──────── Supplied information ────────

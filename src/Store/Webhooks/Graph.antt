-- ===== src/Store/Webhooks/Graph.antt =====
-- apps/control-plane/src/store.ts, `MemoryStore`: the diagram of a delivery's states.
use mathlib.Core.Option
use guardianbot.Prelude.{
  String, Option, Bool, none, ℕ, ◌≡◌, some, true, subst, List, sym, All, if◌then◌else◌, ◌∷◌, lookup,
  string_eq, ap, and_iff, ◌∙◌,
}
use guardianbot.Prelude.Js.{Dates, Collation, Fields, Number}
use guardianbot.Store.Webhooks.{
  Webhooks, JobStatus, is_claimable, new_job, claimed_job, pending, leased, completed_job,
  succeeded, failed_job, dead_letter, is_eligible, WebhookJob,
}
use guardianbot.Store.Webhooks.Effect.{
  is_terminal, queue_step-Effect, Effect, was_unchanged, was_enqueued, was_claimed, was_completed,
  was_failed, was_purged,
}
use guardianbot.Store.Webhooks.Calls.{
  Call, enqueues, claims, completes, fails, purges, queue_run, queue_step, IsDated,
}
use guardianbot.Store.Webhooks.Sound.{QueueSound, JobSound, leased_of_owner}
use mathlib.Core.Bool.{false}
use guardianbot.Store.Webhooks.Invariant.{queue_step-QueueSound}
use mathlib.Core.List.{[]}

abbrev pub status_of : String → Webhooks → Option JobStatus
status_of key webhooks = Option.map (λ job. job.status) (lookup key webhooks)

-- What a call may do to the state of the delivery `key`; `none` is a delivery that the store does not know.
pub data Moves (key : String) : Call → Option JobStatus → Option JobStatus → Type 0 where
  stay : {call : Call} {s : Option JobStatus} → Moves key call s s
  arrive :
      (now : ℕ) (event_name : String) (payload : Fields)
      → Moves key (enqueues now key event_name payload) none (some pending)
  claim :
      (now : ℕ) (worker : String) (lease_ms : ℕ)
      → Moves key (claims now worker lease_ms) (some pending) (some leased)
  take_over :
      (now : ℕ) (worker : String) (lease_ms : ℕ)
      → Moves key (claims now worker lease_ms) (some leased) (some leased)
  finish :
      (now : ℕ) (worker : String)
      → Moves key (completes now key worker) (some leased) (some succeeded)
  retry :
      (now : ℕ) (worker error : String) (retry_at : Option ℕ)
      → Moves key (fails now key worker error retry_at false) (some leased) (some pending)
  give_up :
      (now : ℕ) (worker error : String) (retry_at : Option ℕ)
      → Moves key (fails now key worker error retry_at true) (some leased) (some dead_letter)
  forget_done :
      (succeeded_before dead_before : ℕ) (limit : Number)
      → Moves key (purges succeeded_before dead_before limit) (some succeeded) none
  forget_dead :
      (succeeded_before dead_before : ℕ) (limit : Number)
      → Moves key (purges succeeded_before dead_before limit) (some dead_letter) none

module _ (dates : Dates) (key : String) where
  claimable-Moves :
      (now : ℕ) (worker : String) (lease_ms : ℕ) (status : JobStatus) (expiry : Option String)
      → is_claimable dates now status expiry ≡ true
      → Moves key (claims now worker lease_ms) (some status) (some leased)
  unfolding is_claimable
  claimable-Moves now worker lease_ms pending expiry h = claim now worker lease_ms
  claimable-Moves now worker lease_ms leased expiry h = take_over now worker lease_ms
  claimable-Moves now worker lease_ms succeeded expiry h = cc
  claimable-Moves now worker lease_ms dead_letter expiry h = cc

  terminal-Moves :
      (s d : ℕ) (limit : Number) (status : JobStatus)
      → is_terminal status ≡ true
      → Moves key (purges s d limit) (some status) none
  unfolding is_terminal
  terminal-Moves s d limit succeeded h = forget_done s d limit
  terminal-Moves s d limit dead_letter h = forget_dead s d limit
  terminal-Moves s d limit pending h = cc
  terminal-Moves s d limit leased h = cc

  failed-Moves :
      (now : ℕ) (worker error : String) (retry_at : Option ℕ) (dead : Bool)
      → Moves key
          (fails now key worker error retry_at dead)
          (some leased)
          (some (if dead then dead_letter else pending))
  failed-Moves now worker error retry_at true = give_up now worker error retry_at
  failed-Moves now worker error retry_at false = retry now worker error retry_at

  -- The same move between equal states, of an equal call.
  along :
      {call made : Call} {s t u v : Option JobStatus}
      → call ≡ made
      → s ≡ t
      → v ≡ u
      → Moves key made t u
      → Moves key call s v
  along {call} {made} {s} {t} {u} {v} same before after move =
      subst (λ c. Moves key c s v) (sym same)
        (subst (λ x. Moves key made x v) (sym before)
          (subst (λ x. Moves key made t x) (sym after) move))

  Effect-Moves :
      (call : Call) (before after : Option WebhookJob)
      → Effect dates key call before after
      → ((job : WebhookJob) → before ≡ some job → JobSound dates key job)
      → Moves key call
          (Option.map (λ job. job.status) before)
          (Option.map (λ job. job.status) after)
  unfolding new_job claimed_job completed_job failed_job is_eligible
  Effect-Moves call before after (was_unchanged same) sound =
      subst
        (λ o.
          Moves key call (Option.map (λ job. job.status) before) (Option.map (λ job. job.status) o))
        (sym same) stay
  Effect-Moves call before after (was_enqueued now name payload c b a) sound =
      along c (ap (Option.map (λ job. job.status)) b) (ap (Option.map (λ job. job.status)) a)
        (arrive now name payload)
  Effect-Moves call before after (was_claimed now worker lease_ms job c b fits a) sound =
      along c (ap (Option.map (λ job. job.status)) b) (ap (Option.map (λ job. job.status)) a) (
        claimable-Moves now worker lease_ms job.status job.lease_expires_at
          ((and_iff _ _).0 fits).0)
  Effect-Moves call before after (was_completed now worker job c b owned a) sound =
      along c
        (ap (Option.map (λ job. job.status)) b
          ∙ ap some (leased_of_owner dates key worker job (sound job b) owned))
        (ap (Option.map (λ job. job.status)) a) (finish now worker)
  Effect-Moves call before after (was_failed now worker e at dead job c b owned a) sound =
      along c
        (ap (Option.map (λ job. job.status)) b
          ∙ ap some (leased_of_owner dates key worker job (sound job b) owned))
        (ap (Option.map (λ job. job.status)) a) (failed-Moves now worker e at dead)
  Effect-Moves call before after (was_purged s d limit job c b over a) sound =
      along c (ap (Option.map (λ job. job.status)) b) (ap (Option.map (λ job. job.status)) a)
        (terminal-Moves s d limit job.status over)

module _ (dates : Dates) (locale : Collation) (key : String) where
  -- After any dated calls on a sound queue, each further call does to the state of a delivery what that call may
  -- do: an enqueue under its id makes it pending where it was unknown; a claim leases it from pending or takes it
  -- over from a lease; from a lease, a completion of it makes it succeeded and a failure of it pending or
  -- dead-letter, as the failure says; a purge forgets it from succeeded or dead-letter; or its state stays.
  pub queue_run-Moves :
      (earlier : List Call) (call : Call) (webhooks : Webhooks)
      → All IsDated earlier
      → QueueSound dates webhooks
      → Moves key call
          (status_of key (queue_run dates locale earlier webhooks))
          (status_of key (queue_step dates locale call (queue_run dates locale earlier webhooks)))
  unfolding queue_run
  queue_run-Moves [] call webhooks dated queue =
      Effect-Moves dates key call _ _ (queue_step-Effect dates webhooks queue locale call key)
        (queue.sound key)
  queue_run-Moves (first ∷ earlier) call webhooks (now, later) queue =
      queue_run-Moves earlier call (queue_step dates locale first webhooks) later
        (queue_step-QueueSound dates locale first webhooks now queue)
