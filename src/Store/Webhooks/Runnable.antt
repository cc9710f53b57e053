-- ===== src/Store/Webhooks/Runnable.antt =====
-- apps/control-plane/src/store.ts, `MemoryStore`: lemmas on the runnable gauge and the claim.
use guardianbot.Prelude.{
  refl, ℕ, String, Bool, List, ◌≡◌, false, true, ◌+◌, length, arith, filter, leb_iff, ◌∷◌, sym, ◌∙◌,
  ap, Bool-cases, inl, inr, is_some, ◌&&◌, first, ltb, Option, values, is_some-first-sort, some,
}
use guardianbot.Prelude.Js.{Dates, time_at_most, Collation}
use guardianbot.Store.Webhooks.{
  JobStatus, is_available, WebhookJob, lease_over, is_eligible, pending, leased, is_claimable,
  Webhooks, succeeded, claim_webhook, next_eligible, dead_letter, claim_first, claim_before,
}
use guardianbot.Store.Webhooks.Counts.{
  count_jobs, plus_if, QueueCounts, count_job, count_webhook_jobs,
}
use guardianbot.Store.Webhooks.Sound.{Lease, QueueSound, sound_of_value}
use guardianbot.Store.Webhooks.Leases.{lease_over-read}
use mathlib.Core.List.{[], Memᴰ}
use mathlib.Core.Option.{none}

module _ (dates : Dates) (now : ℕ) where
  runs : JobStatus → WebhookJob → Bool
  runs pending job = is_available dates now job
  runs leased job = lease_over dates now job.lease_expires_at
  runs _ job = false

  count_job-runnable :
      (status : JobStatus) (job : WebhookJob) (counts : QueueCounts)
      → (count_job dates now status job counts).runnable ≡ plus_if (runs status job) counts.runnable
  unfolding count_job runs plus_if
  count_job-runnable pending job counts = refl
  count_job-runnable leased job counts = refl
  count_job-runnable succeeded job counts = refl
  count_job-runnable dead_letter job counts = refl

  count_jobs-runnable :
      (jobs : List WebhookJob) (counts : QueueCounts)
      → (count_jobs dates now jobs counts).runnable
        ≡ counts.runnable + length (filter (λ job. runs job.status job) jobs)
  unfolding count_jobs plus_if
  count_jobs-runnable [] counts = omega arith
  count_jobs-runnable (job ∷ jobs) counts =
      count_jobs-runnable jobs (count_job dates now job.status job counts)
      ∙ elim (Bool-cases (runs job.status job)) [
        | inl counts_in ↦ rw (count_job-runnable job.status job counts, counts_in) (omega arith)
        | inr left_out ↦ rw (count_job-runnable job.status job counts, left_out) refl
      ]

  lease_over-available :
      (job : WebhookJob)
      → Lease dates job
      → lease_over dates now job.lease_expires_at ≡ true
      → is_available dates now job ≡ true
  unfolding is_available time_at_most
  lease_over-available job lease over = rw lease.available (
      (leb_iff lease.since now).1 (
        omega (
          arith,
          lease.ordered,
          (leb_iff lease.until now).0 (
              sym (
                ap (lease_over dates now) lease.expires
                ∙ lease_over-read dates now lease.expiry lease.until lease.read)
              ∙ over),
        )))

  leased-eligible :
      (job : WebhookJob)
      → Lease dates job
      → lease_over dates now job.lease_expires_at
        ≡ (lease_over dates now job.lease_expires_at && is_available dates now job)
  leased-eligible job lease = elim (Bool-cases (lease_over dates now job.lease_expires_at)) [
    | inl over ↦ rw (over, lease_over-available job lease over) refl
    | inr running ↦ rw running refl
  ]

  runs-eligible :
      (status : JobStatus) (job : WebhookJob)
      → (status ≡ leased → Lease dates job)
      → runs status job
        ≡ (is_claimable dates now status job.lease_expires_at && is_available dates now job)
  unfolding runs is_claimable
  runs-eligible pending job held = refl
  runs-eligible leased job held = leased-eligible job (held refl)
  runs-eligible succeeded job held = refl
  runs-eligible dead_letter job held = refl

zero_add : (n : ℕ) → 0 + n ≡ n
zero_add n = omega arith

module _ {ℓ} {A : Type ℓ} where
  filter_ext_on :
      (p q : A → Bool) (xs : List A) → ((a : A) → Memᴰ a xs → p a ≡ q a) → filter p xs ≡ filter q xs
  filter_ext_on p q [] h = refl
  filter_ext_on p q (x ∷ xs) h =
      rw (h x (Memᴰ.head refl), filter_ext_on p q xs (λ a m. h a (Memᴰ.tail m))) refl

  is_some-first-length : (xs : List A) → is_some (first xs) ≡ ltb 0 (length xs)
  is_some-first-length [] = refl
  is_some-first-length (x ∷ xs) = ground arith

module _ (dates : Dates) (now : ℕ) (locale : Collation) (webhooks : Webhooks) where
  -- The runnable gauge is the number of deliveries that a claim may take.
  runnable-length :
      QueueSound dates webhooks
      → (count_webhook_jobs dates now webhooks).runnable
        ≡ length (filter (is_eligible dates now) (values webhooks))
  unfolding count_webhook_jobs is_eligible
  runnable-length queue =
      count_jobs-runnable dates now (values webhooks)
        (record { pending = 0; leased = 0; dead_letter = 0; runnable = 0 })
      ∙ zero_add _
      ∙ ap length (
          filter_ext_on (λ job. runs dates now job.status job) (is_eligible dates now)
            (values webhooks)
            λ job inside.
              runs-eligible dates now job.status job
                (sound_of_value dates job webhooks queue inside).leased_held)

  claim-is_some :
      (worker : String) (lease_ms : ℕ)
      → is_some (claim_webhook dates now locale worker lease_ms webhooks).0
        ≡ is_some (next_eligible dates now locale webhooks)
  unfolding claim_webhook
  claim-is_some worker lease_ms = go (next_eligible dates now locale webhooks)
    where
      go :
          (next : Option WebhookJob)
          → is_some (claim_first dates now worker lease_ms next webhooks).0 ≡ is_some next
      go none = unfold claim_first in refl
      go (some job) = unfold claim_first in refl

  -- On a sound queue a claim is given a delivery exactly when the runnable gauge of that moment is above 0,
  -- and the gauge is the number of deliveries that a claim may take.
  pub claim-runnable :
      (worker : String) (lease_ms : ℕ)
      → QueueSound dates webhooks
      → (is_some (claim_webhook dates now locale worker lease_ms webhooks).0
          ≡ ltb 0 (count_webhook_jobs dates now webhooks).runnable)
        × ((count_webhook_jobs dates now webhooks).runnable
            ≡ length (filter (is_eligible dates now) (values webhooks)))
  unfolding next_eligible
  claim-runnable worker lease_ms queue = (
    claim-is_some worker lease_ms
        ∙ is_some-first-sort (claim_before dates locale) _
        ∙ is_some-first-length (filter (is_eligible dates now) (values webhooks))
        ∙ ap (ltb 0) (sym (runnable-length queue)),
    runnable-length queue,
  )
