-- ===== src/Store/Examples.antt =====
-- Deliveries, locks and options at concrete inputs.
use guardianbot.Prelude.{
  refl, List, lookup, is_some, All, [], some, if◌then◌else◌, arith, none, ◌≡◌, Result, ◌==◌, ◌∷◌,
  inr, ltb, string_eq, true, eq_iff, length, filter, ok, values, ◌≢◌, ℕ, err, String, false,
}
use guardianbot.Store.Webhooks.Calls.{
  IsDated, webhooks_open, queue_run, Call, enqueues, claims, completes, fails, queue_step,
}
use guardianbot.Store.Webhooks.{Webhooks, WebhookJob, claim_webhook, leased, is_eligible}
use guardianbot.Store.Webhooks.Sound.{QueueSound, Lease}
use guardianbot.Samples.{sample_dates, sample_collation}
use guardianbot.Store.Webhooks.Leases.{IsForeign, queue_run-lease_held}
use guardianbot.Store.Webhooks.Oldest.{Granted, claim-Granted}
use guardianbot.Store.Webhooks.Cleanup.{PurgeEnds, purge-PurgeEnds}
use guardianbot.Store.Retention.{Environment, webhook_retention_options}
use guardianbot.Store.Retention.Bounded.{RetentionEnds, webhook_retention-RetentionEnds}
use guardianbot.Store.Locks.Fifo.{
  fifo_run, fifo_step, fifo_acquire, fifo_release, fifo_next, holders_of, Represents, waiting_for,
}
use guardianbot.Store.Locks.{lock_run, LockCall, acquires, releases, no_locks}
use guardianbot.Store.Webhooks.Invariant.{queue_run-QueueSound, queue_step-QueueSound}
use guardianbot.Prelude.Js.{end, nat, other}
use guardianbot.Store.Locks.Orderly.{in_turn, lock_run-Represents, lock_run-served}
use guardianbot.Prelude.Distinct.{AreDistinct}
use guardianbot.Store.Webhooks.Counts.{count_webhook_jobs}
use guardianbot.Store.Webhooks.Purge.{purge_terminal_webhook_jobs, PurgeError}
use guardianbot.Store.Webhooks.Graph.{Moves, status_of, queue_run-Moves}
use guardianbot.Store.Webhooks.Runnable.{claim-runnable}
use guardianbot.Store.Payload.{is_bot}
use guardianbot.Prelude.Text.{ends_with}

-- Two deliveries arrive, and a worker claims the first.
abbrev arrivals : List Call
arrivals = enqueues 1 "a" "push" end ∷ enqueues 2 "bb" "push" end ∷ claims 3 "w" 4 ∷ []

arrivals-IsDated : All IsDated arrivals
unfolding IsDated
arrivals-IsDated = (tt, (tt, (omega arith, tt)))

abbrev queue : Webhooks
queue = queue_run sample_dates sample_collation arrivals []

queue_run-QueueSound_example : QueueSound sample_dates queue
queue_run-QueueSound_example =
    queue_run-QueueSound sample_dates sample_collation arrivals arrivals-IsDated

no_deliveries_sound : QueueSound sample_dates []
no_deliveries_sound = record { distinct = unfold AreDistinct in tt; sound = (λ key job h. cc) }

queue_run-Moves_example :
    Moves "a"
      (completes 5 "a" "w")
      (status_of "a" (queue_run sample_dates sample_collation arrivals []))
      (status_of "a" (
        queue_step sample_dates sample_collation
          (completes 5 "a" "w")
          (queue_run sample_dates sample_collation arrivals [])))
queue_run-Moves_example =
    queue_run-Moves sample_dates sample_collation "a" arrivals (completes 5 "a" "w") []
      arrivals-IsDated no_deliveries_sound

abbrev first_job : WebhookJob
first_job = record {
  delivery_id = "a";
  event_name = "push";
  payload = end;
  status = leased;
  attempts = 1;
  available_at = "T";
  lease_owner = some "w";
  lease_expires_at = some "TIIIIIII";
  last_error = none;
  dead_lettered_at = none;
  updated_at = some "TIII";
}

first_lease : Lease sample_dates first_job
unfolding sample_dates
first_lease = record {
  owner = "w";
  owned = refl;
  expiry = "TIIIIIII";
  expires = refl;
  until = 7;
  read = refl;
  since = 0;
  available = refl;
  ordered = omega arith;
}

first_found : lookup "a" queue ≡ some first_job
unfolding webhooks_open sample_dates sample_collation
first_found = refl

-- Another worker claims, and tries to settle what it does not own.
abbrev others : List Call
others = claims 4 "v" 9 ∷ completes 5 "a" "v" ∷ fails 5 "a" "v" "boom" none true ∷ []

others-IsDated : All IsDated others
unfolding IsDated
others-IsDated = (omega arith, (tt, (omega arith, tt)))

v_is_not_w : ◌≢◌ {A = String} "v" "w"
v_is_not_w e = ground (arith, eq_iff "v" "w", e)

others-IsForeign : All (IsForeign "a" "w" 7) others
unfolding IsForeign
others-IsForeign = (omega arith, (inr v_is_not_w, (inr v_is_not_w, tt)))

queue_run-lease_held_example :
    lookup "a" (queue_run sample_dates sample_collation others queue) ≡ some first_job
unfolding first_lease
queue_run-lease_held_example =
    queue_run-lease_held sample_dates sample_collation "a" first_job refl first_lease others queue
      others-IsDated others-IsForeign queue_run-QueueSound_example first_found

claim-runnable_example :
    (is_some (claim_webhook sample_dates 4 sample_collation "v" 9 queue).0
      ≡ ltb 0 (count_webhook_jobs sample_dates 4 queue).runnable)
    × ((count_webhook_jobs sample_dates 4 queue).runnable
        ≡ length (filter (is_eligible sample_dates 4) (values queue)))
claim-runnable_example =
    claim-runnable sample_dates 4 sample_collation queue "v" 9 queue_run-QueueSound_example

one_runnable : (count_webhook_jobs sample_dates 4 queue).runnable ≡ 1
unfolding webhooks_open sample_dates sample_collation
one_runnable = refl

abbrev second_job : WebhookJob
second_job = record first_job {
  delivery_id = "bb";
  lease_owner = some "v";
  lease_expires_at = some "TIIIIIIIIIIIII";
  updated_at = some "TIIII";
}

second_given : (claim_webhook sample_dates 4 sample_collation "v" 9 queue).0 ≡ some second_job
unfolding webhooks_open sample_dates sample_collation
second_given = refl

claim-Granted_example : Granted sample_dates 4 sample_collation "v" 9 queue second_job
claim-Granted_example =
    claim-Granted sample_dates 4 sample_collation "v" 9 queue second_job
      queue_run-QueueSound_example second_given

-- The first delivery succeeds, and is purged later.
abbrev settled : List Call
settled = completes 4 "a" "w" ∷ []

abbrev settled_queue : Webhooks
settled_queue = queue_run sample_dates sample_collation settled queue

settled-IsDated : All IsDated settled
unfolding IsDated
settled-IsDated = (tt, tt)

settled_sound : QueueSound sample_dates settled_queue
unfolding queue_run
settled_sound =
    queue_step-QueueSound sample_dates sample_collation (completes 4 "a" "w") queue
      (unfold IsDated in tt) queue_run-QueueSound_example

purge-PurgeEnds_example :
    PurgeEnds sample_dates 9 9
      (nat 5)
      settled_queue
      (purge_terminal_webhook_jobs sample_dates 9 9 (nat 5) settled_queue)
purge-PurgeEnds_example = purge-PurgeEnds sample_dates 9 9 (nat 5) settled_queue settled_sound

deleted_by : Result PurgeError (ℕ × Webhooks) → ℕ
deleted_by (ok (deleted, left)) = deleted
deleted_by (err e) = 0

one_purged : deleted_by (purge_terminal_webhook_jobs sample_dates 9 9 (nat 5) settled_queue) ≡ 1
unfolding webhooks_open sample_dates sample_collation deleted_by
one_purged = refl

abbrev environment : Environment
environment = record {
  variable =
      λ name. if name == "GUARDIANBOT_WEBHOOK_CLEANUP_BATCH_LIMIT" then some "none" else none;
  to_number = λ text. other;
}

webhook_retention-RetentionEnds_example :
    RetentionEnds environment (webhook_retention_options environment)
webhook_retention-RetentionEnds_example = webhook_retention-RetentionEnds environment

-- Three callers want the lock of repository 7, one that of 8, and the first releases.
abbrev contended : List LockCall
contended = acquires 7 1 ∷ acquires 7 2 ∷ acquires 8 4 ∷ acquires 7 3 ∷ releases 7 1 ∷ []

lock_run-Represents_example :
    Represents 7 (lock_run contended no_locks) (record { owner = some 2; line = 3 ∷ [] })
unfolding fifo_run fifo_step fifo_acquire fifo_release fifo_next
lock_run-Represents_example = lock_run-Represents 7 contended

lock_run-served_example :
    let after = lock_run (in_turn 7 (2 ∷ [])) (lock_run contended no_locks) in
    (holders_of 7 after ≡ 3 ∷ []) × (waiting_for 7 after ≡ [])
lock_run-served_example =
    lock_run-served 7 2 3 [] [] (lock_run contended no_locks) lock_run-Represents_example

-- The placeholder of a comment's author tells people and bots apart.
bots_by_suffix : (is_bot "dependabot[bot]" ≡ true) × (is_bot "ot]" ≡ false)
unfolding is_bot ends_with
bots_by_suffix = (refl, refl)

────────

◆ What the task requires ◆
Copy each line of the records containing the string "cases".

◆ Result of this exercise ◆
  ap, Bool-cases, inl, inr, is_some, ◌&&◌, first, ltb, Option, values, is_some-first-sort, some,
      ∙ elim (Bool-cases (runs job.status job)) [
  leased-eligible job lease = elim (Bool-cases (lease_over dates now job.lease_expires_at)) [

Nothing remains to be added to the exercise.